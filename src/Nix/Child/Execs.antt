-- ===== src/Nix/Child/Execs.antt =====
-- What the forked child (pg_cmdqd/nixqueuecmd.cpp) executes.
use mathlib.Core.List.{append_assoc, append-nil}
use pg_cmd_queue.Base.{
  ℕ, ◌-◌, true, false, some, List, [], ◌∷◌, ◌++◌, Bytes, codes, ok, ◌≡◌, refl, ap, ◌∙◌,
}
use pg_cmd_queue.Sys.Environ.{Env, PlainNames, assign_var-FreshVar}
use pg_cmd_queue.Nix.Command.{NixQueueCmd}
use pg_cmd_queue.Nix.Child.{
  DupAnswer, dupped, dup_interrupted, dup_failed, Child, dup_loop, close_from, set_vars,
  child_environ, executes, exec_argv, Answers, run_forked_child,
}

set_vars-PlainNames :
    (vars environ : Env) → PlainNames environ vars → set_vars environ vars ≡ environ ++ vars
set_vars-PlainNames [] environ p = simp append-nil refl
set_vars-PlainNames ((k, v) ∷ vars) environ ((l, f), p) =
    ap (λ e. set_vars e vars) (assign_var-FreshVar k v environ f)
    ∙ set_vars-PlainNames vars (environ ++ (k, v) ∷ []) p
    ∙ append_assoc environ ((k, v) ∷ []) vars

-- Some interruptions, and then success.
abbrev pub Dups : List DupAnswer → Type 0
Dups [] = ⊥
Dups (dupped ∷ answers) = Unit
Dups (dup_interrupted ∷ answers) = Dups answers
Dups (dup_failed ∷ answers) = ⊥

dup_loop-Dups :
    (from to : ℕ) (answers : List DupAnswer) (c : Child)
    → Dups answers
    → dup_loop from to answers c ≡ ok (record c { dups = c.dups ++ (from, to) ∷ [] })
unfolding dup_loop
dup_loop-Dups from to [] c h = absurd h
dup_loop-Dups from to (dupped ∷ answers) c h = refl
dup_loop-Dups from to (dup_interrupted ∷ answers) c h = dup_loop-Dups from to answers c h
dup_loop-Dups from to (dup_failed ∷ answers) c h = absurd h

-- The child executes the command's first argument with all of its arguments, with the pipes as its
-- three standard descriptors, all others up to the limit closed, no signal masked, and with just
-- the daemon's `PATH` and the command's variables as its environment; if the variables' names are
-- distinct, have no equals sign and are not `PATH`, and the calls succeed, however often `dup2` is
-- interrupted.
pub run_forked_child-executes :
    (stdin_read stdout_write stderr_write : ℕ) (path : Bytes) (a : Answers) (cmd : NixQueueCmd)
    (arg : Bytes) (args : List Bytes)
    → cmd.cmd_argv ≡ arg ∷ args
    → PlainNames ((codes "PATH", path) ∷ []) cmd.cmd_env
    → Dups a.dup_stdin
    → Dups a.dup_stdout
    → Dups a.dup_stderr
    → a.setpgid_ok ≡ true
    → a.exec_ok ≡ true
    → run_forked_child stdin_read stdout_write stderr_write (some path) a cmd
      ≡ ok (
          executes arg (arg ∷ args) ((codes "PATH", path) ∷ cmd.cmd_env) (record {
            dups = (stdin_read, 0) ∷ (stdout_write, 1) ∷ (stderr_write, 2) ∷ [];
            closes = close_from 3 (a.rlim_cur - 3);
            masked = false;
          }))
unfolding run_forked_child exec_argv child_environ
run_forked_child-executes r w e path a cmd arg args argv p d0 d1 d2 s x =
    simp
      (
        dup_loop-Dups r 0 a.dup_stdin (record { dups = []; closes = []; masked = true }) d0,
        dup_loop-Dups w 1 a.dup_stdout (record { dups = (r, 0) ∷ []; closes = []; masked = true })
            d1,
        dup_loop-Dups e 2 a.dup_stderr
            (record { dups = (r, 0) ∷ (w, 1) ∷ []; closes = []; masked = true }) d2,
        s,
        x,
        argv,
        set_vars-PlainNames cmd.cmd_env ((codes "PATH", path) ∷ []) p,
      )
      refl
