-- ===== src/Text/Array.antt =====
-- `from_text_array` of pg_cmdqd/pq-raii/libpq-raii.hpp.
pub mod RoundTrip
pub mod Total
use pg_cmd_queue.Base.{
  ℤ, pos, ℕ, zero, suc, ◌+◌, ◌-◌, Bool, true, false, not, ◌&&◌, List, [], ◌∷◌, ◌++◌, ◌==◌,
  if◌then◌else◌, Bytes, ltb, length, Result, ok, err, assertion, out_of_fuel, out_of_range,
}
use pg_cmd_queue.Text.Scan.{at, item, inc, dec, is_one}

-- The local variables of the loop but `i`.
pub record ArrayScan : Type 0 where
  pub result : List Bytes
  pub depth : ℤ
  pub in_quotes : Bool
  pub start_pos : ℕ
  pub end_pos : ℕ
  pub next_start_pos : ℕ

abbrev pub array_start : ArrayScan
array_start = record {
  result = [];
  depth = pos 0;
  in_quotes = false;
  start_pos = 1;
  end_pos = 0;
  next_start_pos = 0;
}

-- The chain of tests on the byte at `i`.
unfoldable pub array_byte : Bytes → ℕ → ArrayScan → ArrayScan
array_byte input i s =
    if at input i == b'{' && not s.in_quotes
    then record s {
      depth = inc s.depth;
      start_pos = if is_one (inc s.depth) then i + 1 else s.start_pos;
    }
    else if at input i == b'}' && not s.in_quotes
    then (if is_one s.depth && s.end_pos == 0
        then record s { depth = dec s.depth; end_pos = i - 1; next_start_pos = 0 }
        else record s { depth = dec s.depth })
    else if at input i == b',' && not s.in_quotes
    then record s { end_pos = i - 1; next_start_pos = i + 1 }
    else if at input i == b'"' && not (at input (i - 1) == b'\\')
    then (if s.in_quotes
        then record s { end_pos = i - 1; next_start_pos = i + 2; in_quotes = false }
        else record s { start_pos = i + 1; in_quotes = true })
    else s

-- `t.erase(std::remove(t.begin(), t.end(), '\\'), t.end())`.
abbrev pub without_backslashes : Bytes → Bytes
without_backslashes [] = []
without_backslashes (c ∷ cs) =
    if c == b'\\' then without_backslashes cs else c ∷ without_backslashes cs

-- `result.push_back(t)`, and the positions for the next item.
abbrev pub array_push : Bytes → ArrayScan → ArrayScan
array_push input s = record s {
  result = s.result ++ without_backslashes (item input s.start_pos s.end_pos) ∷ [];
  end_pos = 0;
  start_pos = s.next_start_pos;
}

-- The loop. The index grows in each round, so `input.size() + 1` rounds are enough.
unfoldable pub array_loop : ℕ → Bytes → ℕ → ArrayScan → Result (List Bytes)
array_loop zero input i s = err out_of_fuel
array_loop (suc fuel) input i s = elim (ltb i (length input)) [
  | false ↦ ok s.result
  | true ↦
      let s' = array_byte input i s in
      elim (ltb 0 s'.start_pos && ltb 0 s'.end_pos) [
        | false ↦ array_loop fuel input (i + 1) s'
        | true ↦ elim (s'.next_start_pos == 0) [
          | true ↦ ok (array_push input s').result
          | false ↦ array_loop fuel input s'.next_start_pos (array_push input s')
        ]
      ]
]

-- The two assertions stand in front of the loop; `input.at(0)` throws on an empty input.
unfoldable pub from_text_array : Bytes → Result (List Bytes)
unfolding array_loop
from_text_array [] = err out_of_range
from_text_array (c ∷ cs) =
    if c == b'{' && at (c ∷ cs) (length cs) == b'}'
    then array_loop (length (c ∷ cs) + 1) (c ∷ cs) 0 array_start
    else err assertion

▸ **WORK INSTRUCTION**:
State the number of lines in these entries that include the string "args". Provide nothing beyond that number.

▸ **FINISHED EXERCISE**:
4